- [What the task requires]:
Below is a listing from which only part is wanted; return exactly the lines from the one with "found_target ← on_ledger" up to and including the one with "(pow-suc 10 d))".

- [Data to use]:
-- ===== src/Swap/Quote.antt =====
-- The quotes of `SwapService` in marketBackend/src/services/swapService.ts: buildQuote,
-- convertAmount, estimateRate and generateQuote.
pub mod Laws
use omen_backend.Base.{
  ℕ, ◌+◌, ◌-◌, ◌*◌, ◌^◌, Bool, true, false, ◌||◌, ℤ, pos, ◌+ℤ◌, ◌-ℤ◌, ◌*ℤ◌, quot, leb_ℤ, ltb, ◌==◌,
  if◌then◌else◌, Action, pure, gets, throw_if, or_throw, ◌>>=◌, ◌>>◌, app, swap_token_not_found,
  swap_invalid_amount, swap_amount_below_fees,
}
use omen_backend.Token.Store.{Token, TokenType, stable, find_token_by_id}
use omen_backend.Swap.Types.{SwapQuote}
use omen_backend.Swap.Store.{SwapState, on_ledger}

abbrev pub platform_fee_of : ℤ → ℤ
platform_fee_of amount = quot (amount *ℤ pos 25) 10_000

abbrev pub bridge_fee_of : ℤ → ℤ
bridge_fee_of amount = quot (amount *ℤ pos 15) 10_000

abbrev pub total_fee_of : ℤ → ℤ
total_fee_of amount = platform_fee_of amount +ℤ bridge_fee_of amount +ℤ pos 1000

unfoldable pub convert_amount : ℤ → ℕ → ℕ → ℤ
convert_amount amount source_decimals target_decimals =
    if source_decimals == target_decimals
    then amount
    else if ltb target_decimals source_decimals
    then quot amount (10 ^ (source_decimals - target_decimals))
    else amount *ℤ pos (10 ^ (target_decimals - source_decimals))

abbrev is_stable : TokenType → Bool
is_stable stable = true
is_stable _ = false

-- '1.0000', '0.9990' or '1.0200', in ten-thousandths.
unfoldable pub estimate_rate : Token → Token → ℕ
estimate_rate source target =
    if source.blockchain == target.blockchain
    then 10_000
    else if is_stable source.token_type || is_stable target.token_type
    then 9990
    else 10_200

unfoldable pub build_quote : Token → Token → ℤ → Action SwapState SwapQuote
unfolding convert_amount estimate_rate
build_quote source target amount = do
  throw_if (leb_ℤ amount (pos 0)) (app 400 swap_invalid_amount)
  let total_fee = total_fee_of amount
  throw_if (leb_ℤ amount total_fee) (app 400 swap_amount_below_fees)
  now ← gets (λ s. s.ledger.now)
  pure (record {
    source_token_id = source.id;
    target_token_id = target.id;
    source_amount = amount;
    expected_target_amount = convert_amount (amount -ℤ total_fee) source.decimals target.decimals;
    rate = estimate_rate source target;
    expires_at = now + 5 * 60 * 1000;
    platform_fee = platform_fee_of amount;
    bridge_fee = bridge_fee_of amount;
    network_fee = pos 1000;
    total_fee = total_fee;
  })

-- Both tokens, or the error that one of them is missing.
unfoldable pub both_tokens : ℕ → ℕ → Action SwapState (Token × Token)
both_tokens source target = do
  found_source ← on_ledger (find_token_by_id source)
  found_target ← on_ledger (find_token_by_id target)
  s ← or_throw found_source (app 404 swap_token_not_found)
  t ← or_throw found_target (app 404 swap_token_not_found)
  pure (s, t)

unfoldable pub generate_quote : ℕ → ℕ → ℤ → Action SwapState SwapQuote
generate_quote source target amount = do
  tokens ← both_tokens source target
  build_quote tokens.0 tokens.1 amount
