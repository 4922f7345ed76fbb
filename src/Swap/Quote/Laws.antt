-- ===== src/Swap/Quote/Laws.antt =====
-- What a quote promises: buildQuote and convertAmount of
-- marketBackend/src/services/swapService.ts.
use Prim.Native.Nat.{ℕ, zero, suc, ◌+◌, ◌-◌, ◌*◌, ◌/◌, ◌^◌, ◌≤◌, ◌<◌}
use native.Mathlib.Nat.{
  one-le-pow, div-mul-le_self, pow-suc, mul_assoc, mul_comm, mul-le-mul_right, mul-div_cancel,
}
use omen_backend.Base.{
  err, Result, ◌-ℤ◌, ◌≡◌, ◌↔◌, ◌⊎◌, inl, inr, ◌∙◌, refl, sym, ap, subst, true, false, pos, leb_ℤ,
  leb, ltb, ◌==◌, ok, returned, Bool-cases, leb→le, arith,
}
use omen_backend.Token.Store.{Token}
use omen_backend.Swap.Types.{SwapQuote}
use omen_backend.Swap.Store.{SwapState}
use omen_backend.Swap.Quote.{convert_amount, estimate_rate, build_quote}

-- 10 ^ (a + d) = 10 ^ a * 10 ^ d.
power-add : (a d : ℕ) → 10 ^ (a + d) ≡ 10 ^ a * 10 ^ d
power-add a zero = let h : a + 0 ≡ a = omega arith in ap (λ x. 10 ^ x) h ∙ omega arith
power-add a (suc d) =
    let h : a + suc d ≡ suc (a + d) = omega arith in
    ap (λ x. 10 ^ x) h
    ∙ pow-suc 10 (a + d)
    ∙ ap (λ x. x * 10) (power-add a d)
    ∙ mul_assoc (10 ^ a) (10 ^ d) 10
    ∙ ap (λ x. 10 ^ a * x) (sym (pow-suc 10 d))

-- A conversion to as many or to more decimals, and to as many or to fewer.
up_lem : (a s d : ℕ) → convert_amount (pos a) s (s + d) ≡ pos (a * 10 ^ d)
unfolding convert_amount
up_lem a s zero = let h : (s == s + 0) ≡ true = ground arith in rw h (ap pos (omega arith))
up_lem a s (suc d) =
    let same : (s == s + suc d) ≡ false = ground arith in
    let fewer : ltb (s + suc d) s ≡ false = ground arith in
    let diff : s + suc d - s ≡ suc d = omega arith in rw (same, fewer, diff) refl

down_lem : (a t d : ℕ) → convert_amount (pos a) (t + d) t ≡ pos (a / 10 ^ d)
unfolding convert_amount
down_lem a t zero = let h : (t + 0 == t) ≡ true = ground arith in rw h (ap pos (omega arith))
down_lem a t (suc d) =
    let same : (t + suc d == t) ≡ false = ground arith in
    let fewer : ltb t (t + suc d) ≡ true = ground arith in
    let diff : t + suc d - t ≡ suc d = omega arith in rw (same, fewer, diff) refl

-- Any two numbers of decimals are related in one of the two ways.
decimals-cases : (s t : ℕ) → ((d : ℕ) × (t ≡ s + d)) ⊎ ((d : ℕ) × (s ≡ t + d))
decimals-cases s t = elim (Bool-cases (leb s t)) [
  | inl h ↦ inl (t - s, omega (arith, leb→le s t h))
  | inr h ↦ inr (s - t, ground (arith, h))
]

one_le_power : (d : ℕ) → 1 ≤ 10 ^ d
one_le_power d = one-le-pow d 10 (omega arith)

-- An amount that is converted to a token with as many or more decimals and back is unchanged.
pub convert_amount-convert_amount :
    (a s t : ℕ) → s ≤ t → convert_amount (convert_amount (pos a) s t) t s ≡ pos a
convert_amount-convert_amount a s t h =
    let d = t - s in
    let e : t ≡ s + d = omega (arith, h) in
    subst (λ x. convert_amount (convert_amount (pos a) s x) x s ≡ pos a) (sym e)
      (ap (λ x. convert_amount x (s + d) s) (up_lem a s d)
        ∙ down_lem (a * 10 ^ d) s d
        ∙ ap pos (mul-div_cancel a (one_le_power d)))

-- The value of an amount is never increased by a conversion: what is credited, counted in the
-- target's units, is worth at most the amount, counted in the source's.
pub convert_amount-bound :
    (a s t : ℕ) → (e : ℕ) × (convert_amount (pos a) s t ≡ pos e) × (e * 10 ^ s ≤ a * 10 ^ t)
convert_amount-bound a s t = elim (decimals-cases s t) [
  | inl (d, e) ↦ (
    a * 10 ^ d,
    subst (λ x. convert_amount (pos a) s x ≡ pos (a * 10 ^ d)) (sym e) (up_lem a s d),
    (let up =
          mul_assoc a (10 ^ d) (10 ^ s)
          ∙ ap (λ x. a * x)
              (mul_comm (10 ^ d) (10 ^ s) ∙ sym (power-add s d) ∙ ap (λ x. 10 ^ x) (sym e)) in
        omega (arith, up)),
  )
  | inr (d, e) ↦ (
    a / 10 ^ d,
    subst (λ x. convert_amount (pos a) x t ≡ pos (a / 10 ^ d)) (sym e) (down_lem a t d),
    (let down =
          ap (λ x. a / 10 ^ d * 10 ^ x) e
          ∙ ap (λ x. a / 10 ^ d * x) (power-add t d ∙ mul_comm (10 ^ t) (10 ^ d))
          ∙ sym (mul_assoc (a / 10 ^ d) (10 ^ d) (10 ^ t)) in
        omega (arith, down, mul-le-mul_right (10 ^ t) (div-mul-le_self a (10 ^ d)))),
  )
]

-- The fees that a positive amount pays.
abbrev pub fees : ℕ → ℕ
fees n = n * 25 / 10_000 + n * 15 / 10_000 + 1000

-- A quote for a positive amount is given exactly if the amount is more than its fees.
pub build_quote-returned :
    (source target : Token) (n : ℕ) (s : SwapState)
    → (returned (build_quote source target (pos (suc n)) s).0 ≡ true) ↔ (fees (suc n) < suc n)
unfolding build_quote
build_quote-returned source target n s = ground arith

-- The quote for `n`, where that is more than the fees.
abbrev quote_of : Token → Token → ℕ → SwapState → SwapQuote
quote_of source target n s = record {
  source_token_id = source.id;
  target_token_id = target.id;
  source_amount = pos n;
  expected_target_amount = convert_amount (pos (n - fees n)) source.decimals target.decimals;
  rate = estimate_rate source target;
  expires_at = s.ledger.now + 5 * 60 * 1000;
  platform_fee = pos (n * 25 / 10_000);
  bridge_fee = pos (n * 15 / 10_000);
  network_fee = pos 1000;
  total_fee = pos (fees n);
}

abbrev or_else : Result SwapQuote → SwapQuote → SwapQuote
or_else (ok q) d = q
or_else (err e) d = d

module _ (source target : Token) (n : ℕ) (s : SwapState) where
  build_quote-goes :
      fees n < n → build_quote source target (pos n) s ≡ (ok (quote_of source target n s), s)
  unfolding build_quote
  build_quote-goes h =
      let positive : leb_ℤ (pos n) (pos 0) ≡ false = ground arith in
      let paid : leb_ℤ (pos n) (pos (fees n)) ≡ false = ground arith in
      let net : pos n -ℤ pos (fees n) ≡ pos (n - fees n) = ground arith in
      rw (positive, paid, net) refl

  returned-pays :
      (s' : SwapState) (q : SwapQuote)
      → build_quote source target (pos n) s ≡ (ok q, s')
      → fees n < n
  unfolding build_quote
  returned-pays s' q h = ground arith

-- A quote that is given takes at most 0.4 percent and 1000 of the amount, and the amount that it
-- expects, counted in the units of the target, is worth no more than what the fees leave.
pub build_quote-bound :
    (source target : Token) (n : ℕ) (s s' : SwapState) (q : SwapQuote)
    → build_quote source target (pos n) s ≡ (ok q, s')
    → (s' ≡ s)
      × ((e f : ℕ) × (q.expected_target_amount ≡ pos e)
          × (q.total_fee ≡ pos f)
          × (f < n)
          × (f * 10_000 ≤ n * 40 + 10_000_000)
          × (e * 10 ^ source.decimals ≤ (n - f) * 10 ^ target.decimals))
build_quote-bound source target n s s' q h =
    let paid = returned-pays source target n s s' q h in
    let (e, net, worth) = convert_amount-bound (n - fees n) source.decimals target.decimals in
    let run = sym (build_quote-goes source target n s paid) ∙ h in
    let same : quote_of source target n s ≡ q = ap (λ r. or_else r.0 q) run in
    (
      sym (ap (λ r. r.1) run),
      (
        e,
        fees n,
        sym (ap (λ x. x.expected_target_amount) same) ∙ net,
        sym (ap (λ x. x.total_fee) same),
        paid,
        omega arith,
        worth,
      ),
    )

- [Result of the exercise]:
  found_target ← on_ledger (find_token_by_id target)
  s ← or_throw found_source (app 404 swap_token_not_found)
  t ← or_throw found_target (app 404 swap_token_not_found)
  pure (s, t)

unfoldable pub generate_quote : ℕ → ℕ → ℤ → Action SwapState SwapQuote
generate_quote source target amount = do
  tokens ← both_tokens source target
  build_quote tokens.0 tokens.1 amount
repository 4922f7345ed76fbb
filename src/Swap/Quote/Laws.antt
-- ===== src/Swap/Quote/Laws.antt =====
-- What a quote promises: buildQuote and convertAmount of
-- marketBackend/src/services/swapService.ts.
use Prim.Native.Nat.{ℕ, zero, suc, ◌+◌, ◌-◌, ◌*◌, ◌/◌, ◌^◌, ◌≤◌, ◌<◌}
use native.Mathlib.Nat.{
  one-le-pow, div-mul-le_self, pow-suc, mul_assoc, mul_comm, mul-le-mul_right, mul-div_cancel,
}
use omen_backend.Base.{
  err, Result, ◌-ℤ◌, ◌≡◌, ◌↔◌, ◌⊎◌, inl, inr, ◌∙◌, refl, sym, ap, subst, true, false, pos, leb_ℤ,
  leb, ltb, ◌==◌, ok, returned, Bool-cases, leb→le, arith,
}
use omen_backend.Token.Store.{Token}
use omen_backend.Swap.Types.{SwapQuote}
use omen_backend.Swap.Store.{SwapState}
use omen_backend.Swap.Quote.{convert_amount, estimate_rate, build_quote}

-- 10 ^ (a + d) = 10 ^ a * 10 ^ d.
power-add : (a d : ℕ) → 10 ^ (a + d) ≡ 10 ^ a * 10 ^ d
power-add a zero = let h : a + 0 ≡ a = omega arith in ap (λ x. 10 ^ x) h ∙ omega arith
power-add a (suc d) =
    let h : a + suc d ≡ suc (a + d) = omega arith in
    ap (λ x. 10 ^ x) h
    ∙ pow-suc 10 (a + d)
    ∙ ap (λ x. x * 10) (power-add a d)
    ∙ mul_assoc (10 ^ a) (10 ^ d) 10
    ∙ ap (λ x. 10 ^ a * x) (sym (pow-suc 10 d))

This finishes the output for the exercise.